■ EXERCISE PROMPT ■
If a line in the entries contains the string "running", include that line in your answer.

■ INPUT DATA ■
-- ===== src/Agents/Http.antt =====
-- `ServerHttpAgentController` of src/agents/server-http-controller.ts: its requests, which run for one
-- submit each, and the calls and events that interleave with them. A submit is three pieces of code
-- with an `await` between them: the checks, the call of the driver's control, and the request. The
-- driver's control writes the body that `body_of` gives for a prompt, if any, before its `await`.
pub mod Body
pub mod Stream
pub mod Life
mod Tests
use cordyceps.Common.{
  ltb, leb, ◌==◌, if◌then◌else◌, ltb→lt, lt→ltb, leb→le, ==_iff, Bool-cases, Option-cases,
  String-cases, str_eq_refl, str_eq-false, by_test, length, get_elem?, take, drop, keep, any, last?,
  length-append, take-append-drop, length-take, length-drop, All, All-append, All-map,
  drop-append_of_le, take-append_of_le, drop-length-append, take-length, append-ne-nil,
  slice-append_of_le, ℕ, zero, suc, ◌+◌, ◌-◌, ◌*◌, ◌/◌, ◌%◌, ◌≤◌, ◌<◌, min, max, String, ◌≡◌, refl,
  sym, ap, ◌∙◌, ◌≢◌, ◌↔◌, ◌⊎◌, inl, inr, Bool, true, false, not, ◌&&◌, ◌||◌, Option, none, some,
  List, [], ◌∷◌, ◌++◌, map-append, append-nil, append_assoc, arith, str_eq, eq_iff, map,
}
use cordyceps.Agents.Types.{Status, idle, busy, AssistantMessage}
use cordyceps.Agents.Exec.{mem, erase}
use cordyceps.Agents.Feed.{
  State, Parsed, output, Agent, emit, new_agent, same_status, set_status, feed_chunk, finish,
}

-- A submit that waits, for its interrupt or for the driver's control.
pub record Submit : Type 0 where
  pub id : ℕ
  pub prompt : String

-- `active` is the number of the request that `activeAbort` aborts and `pending` is `pendingBody`.
-- `barging` wait for their interrupt and `staging` for the control. `sent` holds the bodies of all
-- requests in order, `running` the requests in flight, each with its submit, and `aborted` those that
-- were aborted. Of a submit that has returned, `results` holds the last message told since its request
-- began (`from` is where the transcript ended then).
pub record Request : Type 0 where
  pub number : ℕ
  pub from : ℕ

pub record Http (R : Type 0) : Type 0 where
  pub agent : Agent R
  pub active : Option ℕ
  pub pending : Option String
  pub next_submit : ℕ
  pub barging : List Submit
  pub staging : List Submit
  pub sent : List String
  pub running : List Request
  pub aborted : List ℕ
  pub results : List (Option AssistantMessage)

pub data Reply : Type 0 where
  throws_exited throws_busy goes_on : Reply

abbrev pub find_submit : ℕ → List Submit → Option Submit
find_submit k [] = none
find_submit k (s ∷ ss) = if s.id == k then some s else find_submit k ss

abbrev pub drop_submit : ℕ → List Submit → List Submit
drop_submit k ss = keep (λ s. not (s.id == k)) ss

abbrev pub find_request : ℕ → List Request → Option Request
find_request k [] = none
find_request k (r ∷ rs) = if r.number == k then some r else find_request k rs

abbrev pub drop_request : ℕ → List Request → List Request
drop_request k rs = keep (λ r. not (r.number == k)) rs

abbrev pub is_active : Option ℕ → Bool
is_active none = false
is_active (some k) = true

abbrev pub to_list : Option ℕ → List ℕ
to_list none = []
to_list (some k) = k ∷ []

abbrev pub or_else : String → Option String → String
or_else d none = d
or_else d (some b) = b

module _ {R : Type 0} where
  abbrev pub new_http : State R → Http R
  new_http s = record {
    agent = new_agent (record s { status = idle });
    active = none;
    pending = none;
    next_submit = 0;
    barging = [];
    staging = [];
    sent = [];
    running = [];
    aborted = [];
    results = [];
  }

  unfoldable pub interrupt : Http R → Http R
  interrupt h =
      if h.agent.has_exited then h else record h { aborted = h.aborted ++ to_list h.active }

  unfoldable pub kill : Http R → Http R
  unfolding finish
  kill h =
      if h.agent.has_exited
      then h
      else record h { aborted = h.aborted ++ to_list h.active; agent = finish 0 h.agent }

  -- `rawWrite`
  abbrev pub raw_write : String → Http R → Http R
  raw_write s h = record h { pending = some s }

  abbrev pub write_body : Option String → Http R → Http R
  write_body none h = h
  write_body (some s) h = raw_write s h

  -- The second piece: `pendingBody = undefined` and the call of the control.
  abbrev pub stage : (String → Option String) → Submit → Http R → Http R
  stage body_of s h =
      write_body (body_of s.prompt) (record h { pending = none; staging = h.staging ++ s ∷ [] })

  -- The first piece, and the second where no interrupt stands between them.
  unfoldable pub submit : (String → Option String) → Bool → String → Http R → Http R × Reply
  unfolding interrupt
  submit body_of interrupt_if_busy prompt h =
      let s : Submit = record { id = h.next_submit; prompt = prompt } in
      let h' = record h { next_submit = h.next_submit + 1 } in
      if h.agent.has_exited
      then (h, throws_exited)
      else if is_active h.active
      then (if interrupt_if_busy
          then (interrupt (record h' { barging = h.barging ++ s ∷ [] }), goes_on)
          else (h, throws_busy))
      else (stage body_of s h', goes_on)

  -- The interrupt of a submit has returned.
  abbrev pub resume_barging : (String → Option String) → Option Submit → Http R → Http R
  resume_barging body_of none h = h
  resume_barging body_of (some s) h =
      stage body_of s (record h { barging = drop_submit s.id h.barging })

  -- The third piece: the body, the status, and `performRequest` up to its `fetch`.
  abbrev pub resume_staging : (String → String) → Option Submit → Http R → Http R
  resume_staging default_body none h = h
  resume_staging default_body (some s) h = record h {
    staging = drop_submit s.id h.staging;
    sent = h.sent ++ or_else (default_body s.prompt) h.pending ∷ [];
    pending = none;
    agent = set_status busy h.agent;
    active = some (length h.sent);
    running = h.running ++ record { number = length h.sent; from = length h.agent.transcript } ∷ [];
  }

  -- The control of a submit has thrown.
  abbrev pub control_failed : ℕ → Http R → Http R
  control_failed k h = record h { staging = drop_submit k h.staging }

  -- A chunk of the response comes; the pieces that are fed come behind it. Nothing comes of a request
  -- that is not in flight.
  abbrev pub on_output : String → Option Request → Http R → Http R
  on_output s none h = h
  on_output s (some r) h = record h { agent = emit (output s) h.agent }

  unfoldable pub on_chunk :
      (String → State R → Parsed R) → String → Option Request → Http R → Http R
  unfolding feed_chunk
  on_chunk parse s none h = h
  on_chunk parse s (some r) h = record h { agent = feed_chunk parse s h.agent }

  abbrev pub when_busy : Agent R → Agent R
  when_busy a = if same_status a.state.status busy then set_status idle a else a

  -- A request ends: `activeAbort = undefined`, and the `finally` of `submit`.
  abbrev pub end_request : ℕ → Http R → Http R
  end_request k h = record h {
    running = drop_request k h.running;
    active = none;
    agent = when_busy h.agent;
  }

  unfoldable pub on_done : Option Request → Http R → Http R
  unfolding set_status
  on_done none h = h
  on_done (some r) h = record (end_request r.number h) {
    results = h.results ++ last? (drop r.from h.agent.transcript) ∷ [];
  }

  -- The request fails, is aborted, or answers with an error status.
  unfoldable pub on_failed : Option Request → Http R → Http R
  unfolding set_status
  on_failed none h = h
  on_failed (some r) h = end_request r.number h

  -- The timer of a request.
  abbrev pub on_timeout : Option Request → Http R → Http R
  on_timeout none h = h
  on_timeout (some r) h = record h { aborted = h.aborted ++ r.number ∷ [] }

pub data Event : Type 0 where
  submitted : (interrupt_if_busy : Bool) → (prompt : String) → Event
  interrupt_done control_done control_threw : ℕ → Event
  came chunk : ℕ → String → Event
  done failed timeout : ℕ → Event
  interrupted killed : Event
  written : String → Event

module _ {R : Type 0} (parse : String → State R → Parsed R) (body_of : String → Option String)
    (default_body : String → String) where
  unfoldable pub on_event : Event → Http R → Http R
  unfolding submit interrupt kill on_chunk on_done on_failed set_status
  on_event (submitted i p) h = (submit body_of i p h).0
  on_event (interrupt_done k) h = resume_barging body_of (find_submit k h.barging) h
  on_event (control_done k) h = resume_staging default_body (find_submit k h.staging) h
  on_event (control_threw k) h = control_failed k h
  on_event (came k s) h = on_output s (find_request k h.running) h
  on_event (chunk k s) h = on_chunk parse s (find_request k h.running) h
  on_event (done k) h = on_done (find_request k h.running) h
  on_event (failed k) h = on_failed (find_request k h.running) h
  on_event (timeout k) h = on_timeout (find_request k h.running) h
  on_event interrupted h = interrupt h
  on_event killed h = kill h
  on_event (written s) h = raw_write s h

  unfoldable pub on_events : List Event → Http R → Http R
  unfolding on_event
  on_events [] h = h
  on_events (e ∷ es) h = on_events es (on_event e h)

■ ANSWER SPACE ■
-- requests in order, `running` the requests in flight, each with its submit, and `aborted` those that
  pub running : List Request
    running = [];
    running = h.running ++ record { number = length h.sent; from = length h.agent.transcript } ∷ [];
    running = drop_request k h.running;
  on_event (came k s) h = on_output s (find_request k h.running) h
  on_event (chunk k s) h = on_chunk parse s (find_request k h.running) h
  on_event (done k) h = on_done (find_request k h.running) h
  on_event (failed k) h = on_failed (find_request k h.running) h
  on_event (timeout k) h = on_timeout (find_request k h.running) h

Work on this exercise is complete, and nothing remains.